Each line of the data below from the one holding "let (d, c, e, w)" to the one holding "now clock h)", inclusive, is to be reproduced exactly; no other line belongs in the answer.

----------

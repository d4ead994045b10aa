-- ===== src/Queue/Steps.antt =====
-- The transactions of sales_imports/queue.py as steps on the tables, in any order and by any number
-- of workers. Row locks make each transaction one step; the rows that others hold at that moment
-- are the `locked` of a step.
use pharma_intel.Base.{
  ℕ, ◌+◌, ◌≡◌, Bool, true, false, not, Option, none, some, arith, ok, >>=-eq-ok, raise_if, inl, inr,
  Option-cases, ltb, leb, length, &&-split, ◌≤◌,
}
use mathlib.Core.Path.{subst}
use pharma_intel.Base.Int.{ℤ}
use pharma_intel.Base.Text.{Text, strip, strip-IsTrimmed, is_empty}
use pharma_intel.Base.Table.{get, All-stored}
use pharma_intel.Queue.Counts.{Status, Counts}
use pharma_intel.Queue.Rows.{Job, Phase, Db, job_key, attempt_key, value_error}
use pharma_intel.Queue.Claim.{
  SalesImportClaim, normalized_worker_id, positive_duration, mark_exhausted_batch, next_job,
  is_eligible,
}
use pharma_intel.Queue.Claim.Selection.{next_job-All}
use pharma_intel.Queue.Claiming.{
  claim_transaction, claim_for, claim_next_job, claim_of, latest_time,
}
use pharma_intel.Queue.Lease.{heartbeat_job, advance_attempt_phase}
use pharma_intel.Queue.Finish.{schedule_retry, complete_job}
use pharma_intel.Queue.Enqueue.{enqueue_import, requeue_job}
use pharma_intel.Queue.Checks.{equals_trim}
use pharma_intel.Queue.Checks.Rows.{equals_trim_of_trimmed}
use pharma_intel.Queue.Invariant.{IsConsistent}
use pharma_intel.Queue.Invariant.Claims.{claim_job-IsConsistent, claimed_db}
use pharma_intel.Queue.Invariant.Cleanup.{mark_exhausted_batch-IsConsistent}
use pharma_intel.Queue.Invariant.Requests.{enqueue_import-IsConsistent, requeue_job-IsConsistent}
use pharma_intel.Queue.Invariant.Workers.{
  heartbeat_job-IsConsistent, advance_attempt_phase-IsConsistent, schedule_retry-IsConsistent,
  complete_job-IsConsistent,
}

-- A worker's name is not blank and has no blank at an end.
normalized_worker_id-named :
    (raw worker : Text)
    → normalized_worker_id raw ≡ ok worker
    → (is_empty worker ≡ false) × (equals_trim worker ≡ true)
unfolding normalized_worker_id
normalized_worker_id-named raw worker h =
    let (u, e, h₁) = >>=-eq-ok (raise_if (is_empty (strip raw)) value_error) _ h in
    let (w, g, h₂) = >>=-eq-ok (raise_if (ltb 255 (length (strip raw))) value_error) _ h₁ in
    let same : strip raw ≡ worker = ground (arith, h₂) in
    subst (λ t. (is_empty t ≡ false) × (equals_trim t ≡ true)) same
      (ground (arith, e), equals_trim_of_trimmed (strip raw) (strip-IsTrimmed raw))

module _ (now until : ℕ) (raw worker : Text) (token id : ℕ) (locked : ℕ → Bool) (db : Db)
    (v : IsConsistent db) (named : normalized_worker_id raw ≡ ok worker)
    (fresh : get attempt_key id db.attempts ≡ none) where
  -- The claim transaction succeeds, with a claim or without.
  claim_transaction-IsConsistent :
      (db' : Db) × (c : Option SalesImportClaim) × (claim_transaction now until worker token id
          locked db
        ≡ ok (db', c))
      × IsConsistent db'
  unfolding claim_transaction
  claim_transaction-IsConsistent = elim (Option-cases (next_job now locked db.jobs)) [
    | inl e ↦ (db, none, ground (arith, e), v)
    | inr (j, e) ↦
        let (stored, can) =
          next_job-All (λ r. get job_key r.sales_import db.jobs ≡ some r) now locked db.jobs j
            (All-stored job_key db.jobs v.job_keys) e in
        let good : is_eligible now j ≡ true =
          (&&-split (not (locked j.sales_import)) (is_eligible now j) can).1 in
        let (full, trimmed) = normalized_worker_id-named raw worker named in
        let (ys, c, w) =
          claim_job-IsConsistent now until worker token id db j v stored good full trimmed fresh in
        (
          claimed_db now until worker token id db j v stored good full trimmed fresh ys,
          some (claim_of until worker token id j),
          ground (arith, e, c),
          w,
        )
  ]

-- One transaction of the queue.
pub data Step : Db → Db → Type 0 where
  cleaned :
      {db db' : Db} {n : ℕ} (now : ℕ) (locked : ℕ → Bool)
      → mark_exhausted_batch now locked db ≡ ok (db', n)
      → Step db db'
  claimed :
      {db db' : Db} {c : Option SalesImportClaim} (now until : ℕ) (raw worker : Text) (token id : ℕ)
      (locked : ℕ → Bool)
      → normalized_worker_id raw ≡ ok worker
      → get attempt_key id db.attempts ≡ none
      → claim_transaction now until worker token id locked db ≡ ok (db', c)
      → Step db db'
  renewed :
      {db db' : Db} {t : ℕ} (id : ℕ) (token : Option ℕ) (duration : ℤ) (now : ℕ)
      → heartbeat_job id token duration now db ≡ ok (db', t)
      → Step db db'
  advanced :
      {db db' : Db} (id : ℕ) (token : Option ℕ) (phase : Option Phase) (now : ℕ)
      → advance_attempt_phase id token phase now db ≡ ok db'
      → Step db db'
  retried :
      {db db' : Db} {j : Job} (id : ℕ) (token : Option ℕ) (code message : Text) (base maximum : ℤ)
      (now : ℕ)
      → schedule_retry id token code message base maximum now db ≡ ok (db', j)
      → Step db db'
  completed :
      {db db' : Db} {j : Job} (id : ℕ) (token : Option ℕ) (s : Status) (counts : Option Counts)
      (code message : Text) (now : ℕ)
      → complete_job id token s counts code message now db ≡ ok (db', j)
      → Step db db'
  enqueued :
      {db db' : Db} {j : Job} (id : ℕ) (attempts : ℤ) (now clock : ℕ)
      → enqueue_import id attempts now clock db ≡ ok (db', j)
      → Step db db'
  requeued :
      {db db' : Db} {j : Job} (id : ℕ) (additional : ℤ) (now : ℕ)
      → requeue_job id additional now db ≡ ok (db', j)
      → Step db db'

pub data Reach (start : Db) : Db → Type 0 where
  here : Reach start start
  next : {db db' : Db} → Reach start db → Step db db' → Reach start db'

Step-IsConsistent : {db db' : Db} → Step db db' → IsConsistent db → IsConsistent db'
Step-IsConsistent {db} {db'} (cleaned {n = n} now locked h) v =
    let (d, e, w, _) = mark_exhausted_batch-IsConsistent now locked db v in
    let same : d ≡ db' = ground (arith, e, h) in subst IsConsistent same w
Step-IsConsistent {db} {db'} (claimed now until raw worker token id locked n f h) v =
    let (d, c, e, w) =
      claim_transaction-IsConsistent now until raw worker token id locked db v n f in
    let same : d ≡ db' = ground (arith, e, h) in subst IsConsistent same w
Step-IsConsistent {db} {db'} (renewed {t = t} id token duration now h) v =
    heartbeat_job-IsConsistent id token duration now db db' t v h
Step-IsConsistent {db} {db'} (advanced id token phase now h) v =
    advance_attempt_phase-IsConsistent id token phase now db db' v h
Step-IsConsistent {db} {db'} (retried {j = j} id token code message base maximum now h) v =
    schedule_retry-IsConsistent id token code message base maximum now db db' j v h
Step-IsConsistent {db} {db'} (completed {j = j} id token s counts code message now h) v =
    complete_job-IsConsistent id token s counts code message now db db' j v h
Step-IsConsistent {db} {db'} (enqueued {j = j} id attempts now clock h) v =
    enqueue_import-IsConsistent id attempts now clock db db' j v h
Step-IsConsistent {db} {db'} (requeued {j = j} id additional now h) v =
    requeue_job-IsConsistent id additional now db db' j v h

-- Whatever transactions of the queue follow one another from consistent tables, the tables stay
-- consistent: every job row passes the CHECK constraints, each job has as many attempts as its
-- count says and none numbered above it, and exactly the leased jobs have a running attempt, one
-- each, under the lease token of the row.
pub Reach-IsConsistent : {start db : Db} → Reach start db → IsConsistent start → IsConsistent db
Reach-IsConsistent here v = v
Reach-IsConsistent (next r s) v = Step-IsConsistent s (Reach-IsConsistent r v)

-- From consistent tables `claim_next_job` returns without an error for every worker name and lease
-- duration that it accepts and a fresh attempt key, if the lease ends by the last time that Python
-- has, with a claim or with none, and leaves the tables consistent. A name is taken to be a text that
-- the database stores, without the character NUL.
pub claim_next_job-total :
    (raw worker : Text) (duration : ℤ) (lease now token id : ℕ) (locked locked' : ℕ → Bool)
    (db : Db)
    → IsConsistent db
    → normalized_worker_id raw ≡ ok worker
    → positive_duration duration ≡ ok lease
    → now + lease ≤ latest_time
    → get attempt_key id db.attempts ≡ none
    → (c : Option SalesImportClaim) × (db' : Db) × (claim_next_job raw duration now token id locked
          locked' db
        ≡ (ok c, db'))
      × IsConsistent db'
unfolding claim_next_job claim_for
claim_next_job-total raw worker duration lease now token id locked locked' db v n d l f =
    let (db₁, e, w, k) = mark_exhausted_batch-IsConsistent now locked db v in
    let (db₂, c, e₂, w₂) =
      claim_transaction-IsConsistent now (now + lease) raw worker token id locked' db₁ w n
        (k id f) in
    let early : leb (now + lease) latest_time ≡ true = ground (arith, l) in
    (c, db₂, ground (arith, n, d, e, e₂, early), w₂)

----------

# Answer to the exercise:
    let (d, c, e, w) =
      claim_transaction-IsConsistent now until raw worker token id locked db v n f in
    let same : d ≡ db' = ground (arith, e, h) in subst IsConsistent same w
Step-IsConsistent {db} {db'} (renewed {t = t} id token duration now h) v =
    heartbeat_job-IsConsistent id token duration now db db' t v h
Step-IsConsistent {db} {db'} (advanced id token phase now h) v =
    advance_attempt_phase-IsConsistent id token phase now db db' v h
Step-IsConsistent {db} {db'} (retried {j = j} id token code message base maximum now h) v =
    schedule_retry-IsConsistent id token code message base maximum now db db' j v h
Step-IsConsistent {db} {db'} (completed {j = j} id token s counts code message now h) v =
    complete_job-IsConsistent id token s counts code message now db db' j v h
Step-IsConsistent {db} {db'} (enqueued {j = j} id attempts now clock h) v =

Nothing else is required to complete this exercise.